We all know the price for freedom is our data. And this results in a personalised social media feed (with their targeted ads) based on what you like and who you are. Facebook knows everything about us and the more we use it, the more the algorithms it uses to target us are perfected. It can super-target us in a way that advertisers of the past could only dream of. But, ask a noble group of folks at MIT:
“Why don’t social media platforms like Facebook and Twitter give users powerful tools to filter their own feeds? Right now, the algorithms control what we see, but we can’t control them.”
To overcome this control (or lack thereof) problem, they have created an application called Gobo, (after the cut outs you put in front of stage lighting to cast effects). The intention? They say:
“…the real goal behind Gobo is to open a conversation about who gets to filter what you see on the web. If we prompt a conversation about why platforms don’t give you more control over what you see, we’d be really happy. If Facebook or another platform incorporated ideas from Gobo in their own design, we’d throw a party. We’d even invite you.”

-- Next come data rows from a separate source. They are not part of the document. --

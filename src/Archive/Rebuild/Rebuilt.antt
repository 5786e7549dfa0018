-- ===== src/Archive/Rebuild/Rebuilt.antt =====
-- hub/storage/tarball.py: the archives that `rebuild_tarball` returns.
use ori_skills_hub.Prelude.{
  ◌≤◌, ◌≡◌, ◌≢◌, true, false, List, [], ◌∷◌, ◌++◌, if-keeps, if◌then◌else◌, refl, ap, subst, ◌∙◌,
  Text, Option, none, some, leb, map, length, leb→le, text_eq, text_eq_iff, codes, ok, err,
  >>=-eq-ok, ok-eq, guard-eq-ok, Result,
}
use ori_skills_hub.Value.{Value, str, obj, Fields, get}
use ori_skills_hub.Signing.{Crypto, canonical_manifest_bytes, decode_signature, wire_signature}
use ori_skills_hub.Signing.Wire.{decode_signature-wire}
use ori_skills_hub.Archive.{format, limit, safety, Bytes, TarballLimits, TarHeader, Platform}
use ori_skills_hub.Archive.Document.{or_format, or_else_format, top_level_mapping}
use ori_skills_hub.Archive.Inspection.{ArchiveMember, ArchiveInspection, inspect_tarball}
use ori_skills_hub.Archive.Rebuild.{
  snapshot_json_value, string_signature, serialise_signed_manifest, rebuilt_entry, rebuild_tarball,
  normalised_tar_info, payload_size, is_executable,
}

or_format-ok : {E A : Type 0} (r : Result E A) (a : A) → or_format r ≡ ok a → r ≡ ok a
or_format-ok (ok b) a h = ap ok (ok-eq b a h)
or_format-ok (err e) a h = cc

or_else_format-ok : {A : Type 0} (o : Option A) (a : A) → or_else_format o ≡ ok a → o ≡ some a
or_else_format-ok none a h = cc
or_else_format-ok (some b) a h = ap some (ok-eq b a h)

top_level_mapping-obj :
    (v : Value) (fields : Fields) → top_level_mapping v ≡ ok fields → v ≡ obj fields
unfolding top_level_mapping
top_level_mapping-obj (obj fs) fields h = ap obj (ok-eq fs fields h)
top_level_mapping-obj v fields h = cc

string_signature-str : (v : Value) (s : Text) → string_signature v ≡ ok s → v ≡ str s
unfolding string_signature
string_signature-str (str t) s h = ap str (ok-eq t s h)
string_signature-str v s h = cc

-- The payload of a signed manifest: its snapshot has a well-formed signature and the signed bytes
-- of the original.
pub record IsSerialised (p : Platform) (c : Crypto) (original signed : Fields)
    (limits : TarballLimits) (payload : Bytes) : Type 0 where
  pub plain : Fields
  pub copied : snapshot_json_value (obj signed) ≡ ok (obj plain)
  pub signature : Bytes
  pub well_formed : get plain (codes "signature") ≡ str (wire_signature c signature)
  pub unsigned : Bytes
  pub same_original : canonical_manifest_bytes c original ≡ ok unsigned
  pub same_signed : canonical_manifest_bytes c plain ≡ ok unsigned
  pub dumped : p.safe_dump plain ≡ some payload
  pub small : length payload ≤ limits.max_skill_yaml_bytes

serialise_signed_manifest-IsSerialised :
    (p : Platform) (c : Crypto) (original signed : Fields) (limits : TarballLimits)
    (payload : Bytes)
    → serialise_signed_manifest p c original signed limits ≡ ok payload
    → IsSerialised p c original signed limits payload
unfolding serialise_signed_manifest
serialise_signed_manifest-IsSerialised p c original signed limits payload h =
    let (v, e, k) = >>=-eq-ok (snapshot_json_value (obj signed)) _ h in
    let (plain, e1, k1) = >>=-eq-ok (top_level_mapping v) _ k in
    let (text, e2, k2) = >>=-eq-ok (string_signature (get plain (codes "signature"))) _ k1 in
    let (signature, e3, k3) = >>=-eq-ok (or_format (decode_signature c text)) _ k2 in
    let (a, e4, k4) = >>=-eq-ok (or_format (canonical_manifest_bytes c original)) _ k3 in
    let (b, e5, k5) = >>=-eq-ok (or_format (canonical_manifest_bytes c plain)) _ k4 in
    let (same, k6) = guard-eq-ok (text_eq a b) safety _ k5 in
    let (out, e7, k7) = >>=-eq-ok (or_else_format (p.safe_dump plain)) _ k6 in
    let (small, k8) = guard-eq-ok _ limit _ k7 in
    let wire = decode_signature-wire c text signature (or_format-ok _ signature e3) in
    subst (IsSerialised p c original signed limits) (ok-eq out payload k8) (record {
      plain = plain;
      copied = e ∙ ap ok (top_level_mapping-obj v plain e1);
      signature = signature;
      well_formed = string_signature-str _ text e2 ∙ ap str wire.0;
      unsigned = b;
      same_original = or_format-ok _ a e4 ∙ ap ok ((text_eq_iff a b).0 same);
      same_signed = or_format-ok _ b e5;
      dumped = or_else_format-ok (p.safe_dump plain) out e7;
      small = leb→le (length out) _ small;
    })

-- The entry for an accepted member: the manifest has the signed payload and any other member its own
-- bytes; it keeps its kind and its name, which ends in a slash for a directory; its size is that of
-- its bytes; and it names no owner and no time.
pub record IsEntry (path : Text) (signed : Bytes) (m : ArchiveMember) (e : TarHeader × Option Bytes)
    : Type 0 where
  pub manifest : m.name ≡ path → e.1 ≡ some signed
  pub kept : m.name ≢ path → e.1 ≡ m.data_bytes
  pub kind : e.0.is_directory ≡ m.is_directory
  pub file_name : m.is_directory ≡ false → e.0.name ≡ m.name
  pub directory_name : m.is_directory ≡ true → e.0.name ≡ m.name ++ codes "/"
  pub directory_mode : m.is_directory ≡ true → e.0.mode ≡ 493
  pub file_mode : m.is_directory ≡ false → e.0.mode ≡ (if is_executable m.mode then 493 else 420)
  pub empty : e.1 ≡ none → e.0.size ≡ 0
  pub sized : (bytes : Bytes) → e.1 ≡ some bytes → e.0.size ≡ length bytes
  pub no_owner : (e.0.uid ≡ 0) × (e.0.gid ≡ 0) × (e.0.uname ≡ []) × (e.0.gname ≡ [])
  pub no_time : e.0.mtime ≡ 0

-- The entries are those of the members, in order.
abbrev pub AreEntries : Text → Bytes → List ArchiveMember → List (TarHeader × Option Bytes) → Type 0
AreEntries path signed [] [] = Unit
AreEntries path signed [] (e ∷ entries) = ⊥
AreEntries path signed (m ∷ members) [] = ⊥
AreEntries path signed (m ∷ members) (e ∷ entries) =
    IsEntry path signed m e × AreEntries path signed members entries

rebuilt_entry-IsEntry :
    (path : Text) (signed : Bytes) (m : ArchiveMember)
    → IsEntry path signed m (rebuilt_entry path signed m)
unfolding rebuilt_entry normalised_tar_info
rebuilt_entry-IsEntry path signed m = record {
  manifest = λ e. rw ((text_eq_iff m.name path).1 e) refl;
  kept = λ n.
      if-keeps (λ o. o ≡ m.data_bytes) (text_eq m.name path) (some signed) m.data_bytes
        (λ e. absurd (n ((text_eq_iff m.name path).0 e))) (λ _. refl);
  kind = refl;
  file_name = λ e. rw e refl;
  directory_name = λ e. rw e refl;
  directory_mode = λ e. rw e refl;
  file_mode = λ e. rw e refl;
  empty = λ e. ap payload_size e;
  sized = λ bytes e. ap payload_size e;
  no_owner = (refl, refl, refl, refl);
  no_time = refl;
}

map-rebuilt_entry :
    (path : Text) (signed : Bytes) (members : List ArchiveMember)
    → AreEntries path signed members (map (rebuilt_entry path signed) members)
map-rebuilt_entry path signed [] = tt
map-rebuilt_entry path signed (m ∷ members) =
    (rebuilt_entry-IsEntry path signed m, map-rebuilt_entry path signed members)

-- The rebuilt archive is that of the accepted members, in their order, with another manifest.
pub record IsRebuilt (p : Platform) (c : Crypto) (limits : TarballLimits) (tarball_bytes : Bytes)
    (signed : Fields) (rebuilt_bytes : Bytes) : Type 0 where
  pub before : ArchiveInspection
  pub after : ArchiveInspection
  pub payload : Bytes
  pub inspected : inspect_tarball p c limits tarball_bytes ≡ ok before
  pub inspected_again : inspect_tarball p c limits rebuilt_bytes ≡ ok after
  pub same_path : after.manifest.path ≡ before.manifest.path
  pub serialised : IsSerialised p c before.manifest.mapping signed limits payload
  pub entries : List (TarHeader × Option Bytes)
  pub are_entries : AreEntries before.manifest.path payload before.members entries
  pub written : rebuilt_bytes ≡ p.write_archive entries
  pub small : length rebuilt_bytes ≤ limits.max_archive_bytes

-- A rebuilt archive has an entry for each member of the accepted upload, in order, of the same name
-- and kind: the member at the path of the manifest with the signed payload, any other with its own
-- bytes, and each with a fixed mode, no owner and no time. The payload is dumped from a mapping whose
-- signed bytes are those of the original manifest and whose signature is well formed. The archive is
-- within the limit, and is itself accepted with the manifest at the same path.
pub rebuild_tarball-IsRebuilt :
    (p : Platform) (c : Crypto) (limits : TarballLimits) (tarball_bytes : Bytes) (signed : Fields)
    (rebuilt_bytes : Bytes)
    → rebuild_tarball p c limits tarball_bytes signed ≡ ok rebuilt_bytes
    → IsRebuilt p c limits tarball_bytes signed rebuilt_bytes
unfolding rebuild_tarball
rebuild_tarball-IsRebuilt p c limits tarball_bytes signed rebuilt_bytes h =
    let (a, e, k) = >>=-eq-ok (inspect_tarball p c limits tarball_bytes) _ h in
    let (payload, e1, k1) =
      >>=-eq-ok (serialise_signed_manifest p c a.manifest.mapping signed limits) _ k in
    let out = p.write_archive (map (rebuilt_entry a.manifest.path payload) a.members) in
    let (small, k2) = guard-eq-ok (leb (length out) limits.max_archive_bytes) limit _ k1 in
    let (b, e3, k3) = >>=-eq-ok (inspect_tarball p c limits out) _ k2 in
    let (same, k4) = guard-eq-ok (text_eq b.manifest.path a.manifest.path) format _ k3 in
    subst (IsRebuilt p c limits tarball_bytes signed) (ok-eq out rebuilt_bytes k4) (record {
      before = a;
      after = b;
      payload = payload;
      inspected = e;
      inspected_again = e3;
      same_path = (text_eq_iff b.manifest.path a.manifest.path).0 same;
      serialised =
          serialise_signed_manifest-IsSerialised p c a.manifest.mapping signed limits payload e1;
      entries = map (rebuilt_entry a.manifest.path payload) a.members;
      are_entries = map-rebuilt_entry a.manifest.path payload a.members;
      written = refl;
      small = leb→le (length out) limits.max_archive_bytes small;
    })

When I discover projects like this, tackling the problems that we see arising (the unforeseen consequences) as a result of the use and abuse of social media, I feel better that, even if the lawmakers of the world aren’t yet looking to the wisdom of crowds to solve legal challenges, crowd-members themselves are taking matters into their own hands and fighting the good fight. It reinforces my view that we are still in the Wild West of this new era of technological progress, but helps me have faith that balance will eventually be restored.